***** EXTRACTED DATA

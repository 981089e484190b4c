-- ===== src/Denormalize/Volume/Totals.antt =====
-- What a row of volumes holds, read against the hourly counts of its key.
use starnext_import.Denormalize.Keys.{NonNormalCountKey, key_beq, key_beq_iff, key_eq}
use starnext_import.Denormalize.Volume.{
  HourlyCount, NonNormalVolCountValue, first, insert, count_key, gather_volumes,
}
use starnext_import.External.Chrono.{Chrono}
use starnext_import.Intermediate.HourFields.{all_hours}
use starnext_import.Intermediate.HourFields.Lookup.{at_hour, at_hour-change_hour, at_hour-all_hours}
use starnext_import.Prelude.HashMap.{HashMap, lookup, upsert, lookup-upsert, modified_or}
use starnext_import.Prelude.{
  ℕ, ◌+◌, ◌%◌, ◌<◌, ◌≡◌, ◌∙◌, sym, ap, refl, Bool, true, false, ◌&&◌, List, [], ◌∷◌, Option, none,
  some, sum_by, if◌then◌else◌, ◌==◌, arith, u32_mod,
}

-- The total of a value; 0 where there is none.
abbrev pub volume_of : Option NonNormalVolCountValue → ℕ
volume_of none = 0
volume_of (some v) = elim v.totalcount [ none ↦ 0 | some t ↦ t ]

-- The field of an hour; none where there is no value.
abbrev pub hour_of : ℕ → Option NonNormalVolCountValue → Option ℕ
hour_of h none = none
hour_of h (some v) = at_hour none h v.hours

module _ ⦃c : Chrono⦄ where
  abbrev pub volume_at : NonNormalCountKey → HourlyCount → ℕ
  volume_at k count = if key_beq k (count_key count) then count.count else 0

  -- The last of the counts of a key in an hour, or `before` if there is none.
  abbrev pub last_at : NonNormalCountKey → ℕ → List HourlyCount → Option ℕ → Option ℕ
  last_at k h [] before = before
  last_at k h (count ∷ counts) before = last_at k h counts (
      if key_beq k (count_key count) && h == c.hour (c.time count.datetime)
      then some count.count
      else before)

  volume_of-insert :
      (count : HourlyCount) (o : Option NonNormalVolCountValue)
      → volume_of (some (modified_or (λ v. insert v count) (first count) o)) % u32_mod
        ≡ (volume_of o + count.count) % u32_mod
  unfolding insert first
  volume_of-insert count none = ground arith
  volume_of-insert count (some v) = ground arith

  hour_of-insert :
      (h : ℕ) (count : HourlyCount) (o : Option NonNormalVolCountValue)
      → h < 24
      → hour_of h (some (modified_or (λ v. insert v count) (first count) o))
        ≡ (if h == c.hour (c.time count.datetime) then some count.count else hour_of h o)
  unfolding insert first
  hour_of-insert h count none lt =
      at_hour-change_hour none h (c.hour (c.time count.datetime)) (λ _. some count.count)
        (all_hours none) lt
      ∙ ap (λ o. if h == c.hour (c.time count.datetime) then some count.count else o)
          (at_hour-all_hours none h)
  hour_of-insert h count (some v) lt =
      at_hour-change_hour none h (c.hour (c.time count.datetime)) (λ _. some count.count) v.hours lt

  total_if :
      (b : Bool) (count : HourlyCount) (o p : Option NonNormalVolCountValue)
      → (b ≡ true → p ≡ o)
      → volume_of (if b then some (modified_or (λ v. insert v count) (first count) p) else o)
          % u32_mod
        ≡ (volume_of o + (if b then count.count else 0)) % u32_mod
  total_if true count o p same = rw (same refl) (volume_of-insert count o)
  total_if false count o p same = omega arith

  hour_if :
      (b : Bool) (h : ℕ) (count : HourlyCount) (o p : Option NonNormalVolCountValue)
      → h < 24
      → (b ≡ true → p ≡ o)
      → hour_of h (if b then some (modified_or (λ v. insert v count) (first count) p) else o)
        ≡ (if b && h == c.hour (c.time count.datetime) then some count.count else hour_of h o)
  hour_if true h count o p lt same =
      ap (λ q. hour_of h (some (modified_or (λ v. insert v count) (first count) q))) (same refl)
      ∙ hour_of-insert h count o lt
  hour_if false h count o p lt same = refl

  same_lookup :
      (k j : NonNormalCountKey) (m : HashMap NonNormalCountKey NonNormalVolCountValue)
      → key_beq k j ≡ true
      → lookup j m ≡ lookup k m
  same_lookup k j m same = ap (λ i. lookup i m) (sym ((key_beq_iff k j).0 same))

  gather_volumes-total :
      (k : NonNormalCountKey) (counts : List HourlyCount)
      (m : HashMap NonNormalCountKey NonNormalVolCountValue)
      → volume_of (lookup k (gather_volumes counts m)) % u32_mod
        ≡ (volume_of (lookup k m) + sum_by (volume_at k) counts) % u32_mod
  unfolding gather_volumes
  gather_volumes-total k [] m = omega arith
  gather_volumes-total k (count ∷ counts) m =
      let j = count_key count in
      let later = gather_volumes-total k counts (upsert j (λ v. insert v count) (first count) m) in
      let read = lookup-upsert k j (λ v. insert v count) (first count) m in
      let now = total_if (key_beq k j) count (lookup k m) (lookup j m) (same_lookup k j m) in
      let here = ap (λ o. volume_of o % u32_mod) read ∙ now in omega (arith, later, here)

  gather_volumes-hour :
      (k : NonNormalCountKey) (h : ℕ) (counts : List HourlyCount)
      (m : HashMap NonNormalCountKey NonNormalVolCountValue)
      → h < 24
      → hour_of h (lookup k (gather_volumes counts m)) ≡ last_at k h counts (hour_of h (lookup k m))
  unfolding gather_volumes
  gather_volumes-hour k h [] m lt = refl
  gather_volumes-hour k h (count ∷ counts) m lt =
      let j = count_key count in
      gather_volumes-hour k h counts (upsert j (λ v. insert v count) (first count) m) lt
      ∙ ap (last_at k h counts) (
          ap (hour_of h) (lookup-upsert k j (λ v. insert v count) (first count) m)
          ∙ hour_if (key_beq k j) h count (lookup k m) (lookup j m) lt (same_lookup k j m))

  -- Of any hourly counts, the value of a key has the sum of the counts of that key as its total,
  -- modulo 2^32, and in the field of each hour the last of the counts of that key and hour, if there
  -- is one.
  pub gather_volumes-counts :
      (counts : List HourlyCount) (k : NonNormalCountKey) (h : ℕ)
      → h < 24
      → (volume_of (lookup k (gather_volumes counts [])) % u32_mod
          ≡ sum_by (volume_at k) counts % u32_mod)
        × (hour_of h (lookup k (gather_volumes counts [])) ≡ last_at k h counts none)
  gather_volumes-counts counts k h lt =
      let total = gather_volumes-total k counts [] in
      let empty : volume_of (lookup k []) ≡ 0 = unfold lookup in refl in
      (omega (arith, total, empty), gather_volumes-hour k h counts [] lt ∙ unfold lookup in refl)
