-- ===== src/Denormalize/Tests.antt =====
-- Two hourly counts of one day, and the speeds of two vehicles.
use starnext_import.Denormalize.Keys.{NonNormalCountKey, key_eq}
use starnext_import.Denormalize.Speed.Raw.{speeds_of, speeds_at, gather_speeds-speeds_at}
use starnext_import.Denormalize.Speed.{NonNormalRawSpeedValue, gather_speeds}
use starnext_import.Denormalize.Volume.Totals.{
  volume_of, volume_at, hour_of, last_at, gather_volumes-counts,
}
use starnext_import.Denormalize.Volume.{HourlyCount, count_key, gather_volumes}
use starnext_import.External.Instances.{calendar, hundredths}
use starnext_import.FieldMetadata.{FieldMetadata}
use starnext_import.Prelude.HashMap.{HashMap, lookup}
use starnext_import.Prelude.{
  inl, ◌%◌, ◌≡◌, refl, [], ◌∷◌, none, ok, fold_loop, sum_by, arith, u32_mod,
}
use starnext_import.Records.{IndividualVehicle}
use starnext_import.Types.Direction.{LaneDirection}
use starnext_import.Types.VehicleClass.{VehicleClass}

abbrev eight : HourlyCount
eight = record {
  recordnum = 166905;
  datetime = (5, (28800, omega arith));
  count = 30;
  dir = LaneDirection.north;
  lane = 1;
}

abbrev nine : HourlyCount
nine = record {
  recordnum = 166905;
  datetime = (5, (32400, omega arith));
  count = 12;
  dir = LaneDirection.north;
  lane = 1;
}

two_hours :
    (volume_of (lookup (count_key nine) (gather_volumes (eight ∷ nine ∷ []) [])) % u32_mod
      ≡ sum_by (volume_at (count_key nine)) (eight ∷ nine ∷ []) % u32_mod)
    × (hour_of 9 (lookup (count_key nine) (gather_volumes (eight ∷ nine ∷ []) []))
        ≡ last_at (count_key nine) 9 (eight ∷ nine ∷ []) none)
two_hours = gather_volumes-counts (eight ∷ nine ∷ []) (count_key nine) 9 (omega arith)

abbrev one_way : FieldMetadata
one_way = record {
  recordnum = 166905;
  directions = record { direction1 = LaneDirection.north; direction2 = none; direction3 = none };
  counter_id = [];
  speed_limit = none;
}

abbrev slow : IndividualVehicle
slow = record {
  date = 5;
  time = (5, (30000, omega arith));
  lane = 1;
  class = VehicleClass.buses;
  speed = 2500;
}

abbrev fast : IndividualVehicle
fast = record {
  date = 5;
  time = (5, (30060, omega arith));
  lane = 1;
  class = VehicleClass.motorcycles;
  speed = 4500;
}

two_speeds :
    (speeds : HashMap NonNormalCountKey NonNormalRawSpeedValue) × (fold_loop
        (gather_speeds one_way)
        (slow ∷ fast ∷ [])
        []
      ≡ ok speeds)
    × (speeds_of 8 (lookup (count_key eight) speeds)
        ≡ speeds_at one_way (count_key eight) 8 (slow ∷ fast ∷ []))
two_speeds =
    gather_speeds-speeds_at one_way (slow ∷ fast ∷ []) (count_key eight) 8
      (inl (LaneDirection.north, refl), (inl (LaneDirection.north, refl), tt)) (omega arith)
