-- ===== src/External.antt =====
-- Code that the repository calls and does not hold: the crates chrono (dates and times), oracle
-- and csv, and the floating-point type of the language. Each is a parameter of the model.
pub mod Chrono
pub mod Float
pub mod Oracle
pub mod Connection
pub mod FileSystem
pub mod Instances
pub mod Memory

**********

# [PROBLEM TO SOLVE]
From the records above, print exactly the lines that run from the line with "(k : NonNormalCountKey) (h : ℕ) (counts" to the line with "(lookup k m))", inclusive.

# [ANSWER TO THIS EXERCISE]
      (k : NonNormalCountKey) (h : ℕ) (counts : List HourlyCount)
      (m : HashMap NonNormalCountKey NonNormalVolCountValue)
      → h < 24
      → hour_of h (lookup k (gather_volumes counts m)) ≡ last_at k h counts (hour_of h (lookup k m))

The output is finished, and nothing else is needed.